September 22, 2006 at 5:22 pm #6649DonaldBaker
ParticipantYou say "those who settled in South Carolina were already used to Barbados and its warm climate".? Does this mean that settlers in the West Indies region immigrated to the Colonies during the early 1700s?? Or when was this, and why did this migration occur from the Carribean?

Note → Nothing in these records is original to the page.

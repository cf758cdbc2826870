-- ===== src/Lib.antt =====
-- c-libp2p: the protocols of v2 that a connection is built from, and stores and streams of v1.
--
-- A connection of v2 is a tower of byte streams. At the bottom stands a socket; a security layer
-- gives the next stream; on it the multistream protocol settles which multiplexer is spoken, and
-- the multiplexer gives streams of its own, on which multistream settles the protocols of the
-- user. Each layer calls the one below through the three function pointers of
-- `struct Libp2pV2Stream` only. The development follows this: a layer is a function of a
-- `Transport`, the interface of those three calls, and its state lies over the state of the stream
-- below.
--
-- - Base: numbers, lists, bits, bytes in network order and C strings.
-- - Transport: `struct Libp2pV2Stream` of v2/include/libp2p/net/tcp.h as a record of functions,
--   the result of a C function (`ok`, `failed`, and two that are none: `undefined` for behaviour
--   that C does not define, `stuck` for a model that is out of fuel), the loops that read and
--   write a number of bytes, and `Reliable`: what a stream with bytes in order and without loss
--   promises. Its children have the rules by which the runs of the protocols are put together
--   (Triple for code whose only state is the stream, Run for code with state of its own, Handle for
--   what becomes of a stream that may be closed), and two streams in memory: Wire, which delivers its
--   bytes in pieces of any sizes, and Door, which counts how often it is closed.
-- - Multistream: v2/src/conn/multistream.c. `write_msg` is write_length_prefixed_msg, `read_msg` is
--   read_length_prefixed_msg, `connect`, `negotiate` and `accept` are
--   libp2p_v2_net_multistream_connect, libp2p_net_multistream_negotiate_protocol and
--   libp2p_net_multistream_accept.
-- - Noise: v2/src/conn/noise.c, the encrypted stream after its handshake: noise_stream_read and
--   noise_stream_write over any cipher (`Authentic` is what is relied on of it).
-- - Payload: v2/src/conn/noise.c, noise_payload_encode and noise_payload_decode, over Protobuf, the
--   interface of the library of protobuf messages, which the repository has as a submodule.
-- - PeerBook: v2/src/peer/peerstore.c. `v2_add_peer`, `v2_get_peer`, `v2_add_address` and
--   `v2_peerstore_free` are the functions of these names; peers are cells of a heap, since callers
--   share them with the store.
-- - Multiaddr: v2/src/net/multiaddr.c, libp2p_multiaddr_new_from_string.
-- - Secio: secio/secio.c. The parent has the choice of algorithms (libp2p_secio_determine_order,
--   libp2p_secio_select_best and the part of libp2p_secio_handshake that calls them), Keys has
--   libp2p_secio_stretch_keys and which key is whose, Packets has libp2p_secio_encrypt and
--   libp2p_secio_decrypt; `Engine` and the hash function stand for mbedtls.
--   Proposal has the encoder and the decoder of secio/propose.c.
-- - Identify: v2/src/identify/identify_v2.c; `send_response` is libp2p_identify_send_response and
--   `receive` is libp2p_identify_receive.
-- - Swarm: v2/src/swarm/swarm.c; `swarm_connect` is libp2p_v2_swarm_connect, which puts Multiaddr,
--   Multistream, a handshake, Yamux and Identify together. A read of a stream passes over a given
--   number of frames at most.
-- - Yamux: v2/src/conn/yamux.c. `Session` and `StreamContext` are its two structs, `Conn` and
--   `Chan` put them over the stream below. `send_header`, `read_header`, `handle_control_frame` and
--   `discard_payload` are the static functions of these names; Stream has the three
--   functions of a stream, Open those of a session.
-- - Buffer: utils/threadsafe_buffer.c, against a queue of bytes.
-- - Vector: utils/vector.c. Providers, peer/providerstore.c, keeps its entries in one.
-- - Channel: the streams of the multiplexer of v1, yamux/stream.c, with the frame encoder of
--   yamux/frame.c, libp2p_yamux_channel_send_FIN of yamux/yamux.c and what
--   yamux_decode of yamux/session.c makes of the flags of a frame.
-- - Streams: the array of streams of a v1 session, with the memory that its slots point to.
-- - Peerstore: peer/peerstore.c, with the constructor and the copy of peer/peer.c.
-- - UrlEncode: utils/urlencode.c.
--
-- Numbers are natural numbers; where the code computes in a uint32_t or a size_t, the remainder is
-- written out. Bytes are numbers. A C string is a list of bytes up to its NUL.
--
-- Loops. A loop that reads n bytes takes n units of fuel, as each round reads one byte at least.
-- The loop over the groups of a varint takes eleven. A loop over frames (`for (;;)`) takes the
-- number of frames it may read as an argument, as a peer may send pings for ever; its theorems
-- give the number that is enough.
--
-- Not modelled: that malloc or realloc fails (but in Buffer and Vector, where realloc may), NULL
-- arguments and the log. Of the rest of the repository, the handshakes of the security layers,
-- the sockets, the DHT, the connections and services of v1, and the copies of other projects are
-- not modelled here.
pub mod Base
pub mod Transport
pub mod Multistream
pub mod Yamux
pub mod Buffer
pub mod Vector
pub mod Peerstore
pub mod Providers
pub mod Channel
pub mod UrlEncode
pub mod Noise
pub mod Streams
pub mod Secio
pub mod Multiaddr
pub mod PeerBook
pub mod Protobuf
pub mod Payload
pub mod Identify
pub mod Swarm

The migration occurred in the middle and late 17th-century after Captain Hilton mapped out the Carolina coast. The slavers of Barbados heard the good reports of Hilton and decided to try their hand at sugar cane production in South Carolina. Sugar did not prove to be as profitable there as the slave trade itself and the discovery of tar and pitch made South Carolina a haven for ship building products. Then the dye industry took off as Indigo was discovered to be a great dye producing agent. Furthermore, England wanted a colony that would be suitable to an expanding noble class. Large land grants were given to nobleman in the Carolinas as rewards of loyalty and service to the king (King Charles II).
October 7, 2006 at 3:05 am #6650Phidippides
KeymasterWhat exactly is “tar and pitch”? Of course I've heard of it before. What's it made of?
October 21, 2006 at 12:59 am #6651Stumpfoot
ParticipantI think its a by product of several differnt things like burnt wood, coal, peat and oil.
October 21, 2006 at 4:59 am #6652DonaldBaker
ParticipantI think its a by product of several differnt things like burnt wood, coal, peat and oil.
That's about right. The tar comes from the trees and is used to seal ship decks to make them watertight.
October 22, 2006 at 6:21 pm #6653Stumpfoot
ParticipantIt was very impotant product for sure.